Now all roads lead to France and heavy is the tread
Of the living; but the dead returning lightly dance.
Edward Thomas, Roads

Tuesday, May 30, 2017

After the Ruins
Reviewed by Ron Drees

After the Ruins: Restoring the Countryside of Northern France 
After the Great War

by Hugh Clout
University of Exeter Press, 1996

Imagine the countryside of a major nation that produced some of the finest crops known to Europe. Now imagine this same land going through three wars. In the first, millions of men did everything possible for four and a quarter years to destroy the land, using bombs, artillery, the digging of trenches, killing hundreds of thousands, unleashing poisonous gas, destroying drainage and topsoil, leaving the debris of human bodies and millions of horses and millions of tons of explosives and barb wire to forever threaten those who would approach too close.

The second war was of 12 years where tens of thousands tried to undo what the millions had done. They fought with legislation, bureaucratic inertia, maps, paper, court orders, shovels, tractors, shortages of labor, building materials, and petrol, a surplus of stubbornness, and the love of what they once had.
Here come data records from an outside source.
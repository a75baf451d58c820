-- ===== src/Book/Matching/Refine.antt =====
-- The tests of the loop of `PriceTimePriority::Match`, and the comparison with `consume`.
use hermes_orderbook.Prelude.{
  ℕ, suc, ◌<◌, ◌≡◌, refl, ◌∙◌, true, false, List, [], ◌∷◌, Option, some, is_empty, arith, ◌⊎◌, inl,
  inr,
}
use hermes_orderbook.Core.Types.{Side, opposite}
use hermes_orderbook.Core.Order.{Order}
use hermes_orderbook.Book.Levels.{Level}
use hermes_orderbook.Book.State.{Book, levels}
use hermes_orderbook.Book.Matching.{best_order, stops, trade_with, match_loop}
use hermes_orderbook.Book.Matching.Round.{logged, record_trade-log}
use hermes_orderbook.Book.Matching.Consume.{consume, deals, log_deals}
use hermes_orderbook.Book.View.{orders_on, SideIsValid, IsValidBelow}
use hermes_orderbook.Book.View.Sides.{SameLog}

-- The loop, test by test.
module _ (fuel : ℕ) (order : Order) (b : Book) where
  pub loop_filled : order.remaining_quantity ≡ 0 → match_loop (suc fuel) order b ≡ some (order, b)
  unfolding match_loop
  loop_filled h = ground arith

  pub loop_empty :
      0 < order.remaining_quantity
      → levels (opposite order.side) b ≡ []
      → match_loop (suc fuel) order b ≡ some (order, b)
  unfolding match_loop best_order
  loop_empty h e = ground arith

  module _ (top : Order)
      (best : best_order (levels (opposite order.side) b) ≡ some (some top)) where
    pub loop_stops :
        0 < order.remaining_quantity
        → stops order top ≡ true
        → match_loop (suc fuel) order b ≡ some (order, b)
    unfolding match_loop
    loop_stops h e = ground arith

    pub loop_trades :
        0 < order.remaining_quantity
        → stops order top ≡ false
        → (order' : Order) (b' : Book) → trade_with order top b ≡ some (order', b')
        → match_loop (suc fuel) order b ≡ match_loop fuel order' b'
    unfolding match_loop
    loop_trades h e order' b' r = ground arith

pub log_deals-SameLog :
    (ds : List (Order × Order)) (b b' : Book)
    → SameLog b b'
    → SameLog (log_deals ds b) (log_deals ds b')
unfolding log_deals
log_deals-SameLog [] b b' e = e
log_deals-SameLog ((taker, maker) ∷ ds) b b' e =
    let next = record_trade-log _ _ _ _ _ _ b b' e in
    log_deals-SameLog ds (logged taker maker b) (logged taker maker b')
      (record { scratch = next.0; trade_counter = next.1 })

pub SameLog-trans : {a b c : Book} → SameLog a b → SameLog b c → SameLog a c
SameLog-trans p q = record {
  scratch = q.scratch ∙ p.scratch;
  trade_counter = q.trade_counter ∙ p.trade_counter;
}

-- The first order of a side, if there is one.
pub record Front (ms : List Level) : Type 0 where
  pub level : Level
  pub others : List Level
  pub top : Order
  pub behind : List Order
  pub split : ms ≡ level ∷ others
  pub orders : level.orders ≡ top ∷ behind

pub Front-cases : (s : Side) (ms : List Level) → SideIsValid s ms → (ms ≡ []) ⊎ Front ms
Front-cases s [] v = inl refl
Front-cases s (l ∷ ls) v = inr (go l.orders refl v.1)
  where
    go : (os : List Order) → l.orders ≡ os → is_empty l.orders ≡ false → Front (l ∷ ls)
    go [] e h = absurd (ground arith)
    go (o ∷ os) e h = record {
      level = l;
      others = ls;
      top = o;
      behind = os;
      split = refl;
      orders = e;
    }

-- What the match leaves.
pub record Matched (n : ℕ) (order : Order) (b : Book) (result : Option (Order × Book))
    : Type 0 where
  pub after : Book
  pub run : result ≡ some ((consume order (orders_on (opposite order.side) b)).0, after)
  pub valid : IsValidBelow n after
  pub near : levels order.side after ≡ levels order.side b
  pub far :
      orders_on (opposite order.side) after ≡ (consume order (orders_on (opposite order.side) b)).1
  pub counter : after.order_counter ≡ b.order_counter
  pub state : after.market_state ≡ b.market_state
  pub log : SameLog (log_deals (deals order (orders_on (opposite order.side) b)) b) after

-- A taker that stops at once.
pub Matched-stop :
    {n : ℕ} {b : Book} (v : IsValidBelow n b) (order : Order) (result : Option (Order × Book))
    → consume order (orders_on (opposite order.side) b) ≡ (order, orders_on (opposite order.side) b)
    → deals order (orders_on (opposite order.side) b) ≡ []
    → result ≡ some (order, b)
    → Matched n order b result
unfolding log_deals
Matched-stop {b} v order result e f r = record {
  after = b;
  run = r ∙ rw e;
  valid = v;
  near = refl;
  far = rw e;
  counter = refl;
  state = refl;
  log = rw f (record { scratch = refl; trade_counter = refl });
}
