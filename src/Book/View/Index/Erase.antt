-- ===== src/Book/View/Index/Erase.antt =====
-- `m_Orders` and the two sides: taking one order out.
use hermes_orderbook.Prelude.{
  ℕ, ◌≤◌, ◌≡◌, none, some, arith, ◌⊎◌, inl, inr, Bool-cases, ◌==◌, ==_iff,
}
use hermes_orderbook.Core.Types.{Side, opposite}
use hermes_orderbook.Core.Order.{Order}
use hermes_orderbook.Book.Levels.{find_order, erase_order}
use hermes_orderbook.Book.State.{Book, levels, lookup_entry, erase_entry}
use hermes_orderbook.Book.View.{orders_on, occurs, SideIsValid, entry_from, IsValidBelow}
use hermes_orderbook.Book.View.Orders.{
  find_order-eq-none, find_order-erase_ne, occurs-erase_ne, occurs-erase_self,
}
use hermes_orderbook.Book.View.Index.{lookup-erase, by_side, one_side, indexed_from}

-- One order less.
pub record Erases (s : Side) (o : Order) (b b' : Book) : Type 0 where
  pub found : find_order o.order_id (orders_on s b) ≡ some o
  pub near : levels (opposite s) b' ≡ levels (opposite s) b
  pub far : orders_on s b' ≡ erase_order o.order_id (orders_on s b)
  pub far_valid : SideIsValid s (levels s b')
  pub index : b'.index ≡ erase_entry o.order_id b.index

module _ {n : ℕ} {s : Side} {o : Order} {b b' : Book} (v : IsValidBelow n b)
    (e : Erases s o b b') where
  erased_index :
      (id : ℕ)
      → (lookup_entry id b'.index
          ≡ entry_from (find_order id (orders_on s b')) (find_order id (orders_on (opposite s) b')))
        × ((find_order id (orders_on s b') ≡ none)
            ⊎ (find_order id (orders_on (opposite s) b') ≡ none))
  erased_index id =
      rw (e.near, e.far, e.index, lookup-erase id o.order_id b.index)
        (elim (Bool-cases (o.order_id == id)) [
          | inl same ↦
              let here : o.order_id ≡ id = (==_iff _ _).0 same in
              let gone : find_order id (erase_order o.order_id (orders_on s b)) ≡ none =
                rw (← here) (
                  find_order-eq-none _ _ (
                    omega (
                      arith,
                      occurs-erase_self o.order_id (orders_on s b),
                      v.distinct s o.order_id,
                    ))) in
              ground (arith, gone, one_side v s id, e.found)
          | inr other ↦
              let kept = find_order-erase_ne id o.order_id (orders_on s b) (λ p. ground arith) in
              rw (other, kept) (v.indexed s id, one_side v s id)
        ])

  pub Erases-IsValid : IsValidBelow n b'
  Erases-IsValid = record {
    side_valid =
        by_side (λ t. SideIsValid t (levels t b')) s e.far_valid
          (rw e.near (v.side_valid (opposite s)));
    indexed = indexed_from s b' erased_index;
    distinct = λ t id. omega (arith, fewer t id, v.distinct t id);
    fresh = λ t id h. omega (arith, fewer t id, v.fresh t id h);
  }
    where
      fewer : (t : Side) (id : ℕ) → occurs id (orders_on t b') ≤ occurs id (orders_on t b)
      fewer t id =
          by_side (λ t. occurs id (orders_on t b') ≤ occurs id (orders_on t b)) s
            (rw e.far (
              ground (
                arith,
                occurs-erase_self o.order_id (orders_on s b),
                occurs-erase_ne id o.order_id (orders_on s b),
                ==_iff o.order_id id,
              )))
            (rw e.near (omega arith)) t
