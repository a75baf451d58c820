-- ===== src/Book/Operations/Cancel.antt =====
-- `InternalCancelOrder` on a well-formed book.
use hermes_orderbook.Prelude.{
  ℕ, ◌≡◌, ◌≢◌, refl, sym, subst, ◌∙◌, List, ◌∷◌, ◌++◌, none, some, if◌then◌else◌, is_empty, arith,
  inl, inr, Bool-cases, eq-nil_of_is_empty, ◌==◌,
}
use hermes_orderbook.Core.Types.{Side, buy, sell}
use hermes_orderbook.Core.Order.{Order}
use hermes_orderbook.Core.Messages.{success, invalid_cancel, unauthorized}
use hermes_orderbook.Book.Levels.{Level, find_level, find_order, erase_order}
use hermes_orderbook.Book.State.{Book, OrderEntry, levels, with_levels, lookup_entry, erase_entry}
use hermes_orderbook.Book.Operations.{without, unlink, internal_cancel_order}
use hermes_orderbook.Book.View.{orders_of, orders_on, SideIsValid, entry_of, IsValidBelow}
use hermes_orderbook.Book.View.Orders.{AllAt-erase}
use hermes_orderbook.Book.View.Levels.{
  Located, locate, find_level-split, set_level-split, erase_level-split, orders_of-append,
  SideIsValid-replace, SideIsValid-remove, orders_of-erased,
}
use hermes_orderbook.Book.View.Index.Erase.{Erases}
use hermes_orderbook.Book.View.Sides.{
  levels-with_self, levels-with_other, levels-index, with_levels-twice, index-with, SameRest,
  with_levels-SameRest,
}

-- The levels of the order's side after the cancellation.
abbrev shrunk : Order → Level → List Level → List Level → List Level
shrunk o l pre post =
    if is_empty (erase_order o.order_id l.orders) then pre ++ post else pre ++ (without o l ∷ post)

module _ {n : ℕ} {b : Book} (v : IsValidBelow n b) (o : Order)
    (r : Located o.side (levels o.side b) o.order_id o) where
  unlink-eq :
      unlink o.order_id (entry_of o) r.level o b
      ≡ with_levels o.side
          (shrunk o r.level r.pre r.post)
          (record b { index = erase_entry o.order_id b.index })
  unfolding unlink
  unlink-eq = elim (Bool-cases (is_empty (erase_order o.order_id r.level.orders))) [
    | inl e ↦ rw (
      e,
      levels-with_self,
      r.split,
      set_level-split o.price r.pre r.post r.level (without o r.level) r.others r.price,
      erase_level-split o.price r.pre r.post (without o r.level) r.others r.price,
      with_levels-twice,
    )
    | inr e ↦ rw (
      e,
      r.split,
      set_level-split o.price r.pre r.post r.level (without o r.level) r.others r.price,
    )
  ]

  shrunk-valid : SideIsValid o.side (shrunk o r.level r.pre r.post)
  shrunk-valid =
      let valid : SideIsValid o.side (r.pre ++ (r.level ∷ r.post)) =
        subst (SideIsValid o.side) r.split (v.side_valid o.side) in
      elim (Bool-cases (is_empty (erase_order o.order_id r.level.orders))) [
        | inl e ↦ rw e (SideIsValid-remove o.side r.pre r.post r.level valid)
        | inr e ↦ rw e (
            SideIsValid-replace o.side r.pre r.post r.level (without o r.level) refl e
              (AllAt-erase o.side r.level.price o.order_id r.level.orders r.level_all) valid)
      ]

  orders_of-shrunk :
      orders_of (shrunk o r.level r.pre r.post)
      ≡ erase_order o.order_id (orders_of (levels o.side b))
  orders_of-shrunk = elim (Bool-cases (is_empty (erase_order o.order_id r.level.orders))) [
    | inl e ↦
        rw (e, orders_of-append r.pre r.post)
          (subst
              (λ os.
                orders_of r.pre ++ orders_of r.post ≡ orders_of r.pre ++ (os ++ orders_of r.post))
              (sym (eq-nil_of_is_empty (erase_order o.order_id r.level.orders) e)) refl
            ∙ orders_of-erased r)
    | inr e ↦ rw (e, orders_of-append r.pre (without o r.level ∷ r.post)) (orders_of-erased r)
  ]

  unlink-Erases :
      find_order o.order_id (orders_on o.side b) ≡ some o
      → Erases o.side o b (unlink o.order_id (entry_of o) r.level o b)
  unlink-Erases found = rw unlink-eq (record {
    found = found;
    near = rw (levels-with_other, levels-index);
    far = rw levels-with_self orders_of-shrunk;
    far_valid = rw levels-with_self shrunk-valid;
    index = index-with o.side _ _;
  })

  unlink-SameRest : SameRest b (unlink o.order_id (entry_of o) r.level o b)
  unlink-SameRest = rw unlink-eq (
      let rest =
        with_levels-SameRest o.side (shrunk o r.level r.pre r.post)
          (record b { index = erase_entry o.order_id b.index }) in
      record {
        scratch = rest.scratch;
        order_counter = rest.order_counter;
        trade_counter = rest.trade_counter;
        market_state = rest.market_state;
      })

cancel-found :
    (client id : ℕ) (b : Book) (e : OrderEntry) (l : Level) (o : Order)
    → lookup_entry id b.index ≡ some e
    → find_level e.level_price (levels e.level_side b) ≡ some l
    → find_order e.list_it l.orders ≡ some o
    → internal_cancel_order client id b ≡ (
        if o.client_id == client then some (success, unlink id e l o b) else some (unauthorized, b))
unfolding internal_cancel_order
cancel-found client id b e l o h k m = rw (h, internal_cancel_order, k, m)

-- What `InternalCancelOrder` does with an order that rests on side `s`.
pub record Cancels (s : Side) (o : Order) (client : ℕ) (b : Book) : Type 0 where
  pub after : Book
  pub erases : Erases s o b after
  pub rest : SameRest b after
  pub owned :
      o.client_id ≡ client → internal_cancel_order client o.order_id b ≡ some (success, after)
  pub foreign :
      o.client_id ≢ client → internal_cancel_order client o.order_id b ≡ some (unauthorized, b)

module _ {n : ℕ} {b : Book} (v : IsValidBelow n b) where
  pub found_entry :
      (s : Side) (id : ℕ) (o : Order)
      → find_order id (orders_on s b) ≡ some o
      → lookup_entry id b.index ≡ some (entry_of o)
  found_entry s id o h = ground (arith, v.indexed s id)

  cancels_found :
      (o : Order) (client : ℕ)
      → find_order o.order_id (orders_on o.side b) ≡ some o
      → Cancels o.side o client b
  cancels_found o client h =
      let r = locate o.side (levels o.side b) o.order_id o (v.side_valid o.side) h in
      let at : find_level o.price (levels o.side b) ≡ some r.level =
        rw r.split (find_level-split o.price r.pre r.post r.level r.others r.price) in
      let run =
        cancel-found client o.order_id b (entry_of o) r.level o (found_entry o.side o.order_id o h)
          at r.held in
      record {
        after = unlink o.order_id (entry_of o) r.level o b;
        erases = unlink-Erases v o r h;
        rest = unlink-SameRest v o r;
        owned = λ e. run ∙ ground arith;
        foreign = λ e. run ∙ ground arith;
      }

  pub cancels :
      (s : Side) (o : Order) (client : ℕ)
      → find_order o.order_id (orders_on s b) ≡ some o
      → Cancels s o client b
  cancels s o client h =
      let e = (locate s (levels s b) o.order_id o (v.side_valid s) h).side in
      subst (λ t. Cancels t o client b) e
        (cancels_found o client
          (subst (λ t. find_order o.order_id (orders_on t b) ≡ some o) (sym e) h))

  -- A number that nothing rests under.
  pub cancel-missing :
      (client id : ℕ)
      → find_order id (orders_on buy b) ≡ none
      → find_order id (orders_on sell b) ≡ none
      → internal_cancel_order client id b ≡ some (invalid_cancel, b)
  unfolding internal_cancel_order
  cancel-missing client id h k =
      let absent : lookup_entry id b.index ≡ none = ground (arith, v.indexed buy id) in
      rw (absent, internal_cancel_order)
Experts claimed that they knew how to make things better, while the indigenous knew that what they once had was the best. Others would lie, cheat, swindle, and leave them with nothing but more frustration.

No Man's Land, Ypres Salient, 1919

In the end, much of what was destroyed and rebuilt was destroyed a second time as not enough had been learned from the first war. That is for another book. Hugh Clout is a professor of geography in England who lost an uncle in the Great War and wrote this book because so little had been written about what happened after the Armistice. Yet he managed to fill this book with tables, charts, maps and photographs that give us a fair idea of what happened to reconstruct northeast France. He recounts the legislation that was passed beginning in 1915 to help those who had suffered; the assistance of Americans, individuals and organizations who assisted; and the recovery of 1918 that was overrun by the German spring offensive. He discusses the recovery in almost mind-numbing detail by department and commune.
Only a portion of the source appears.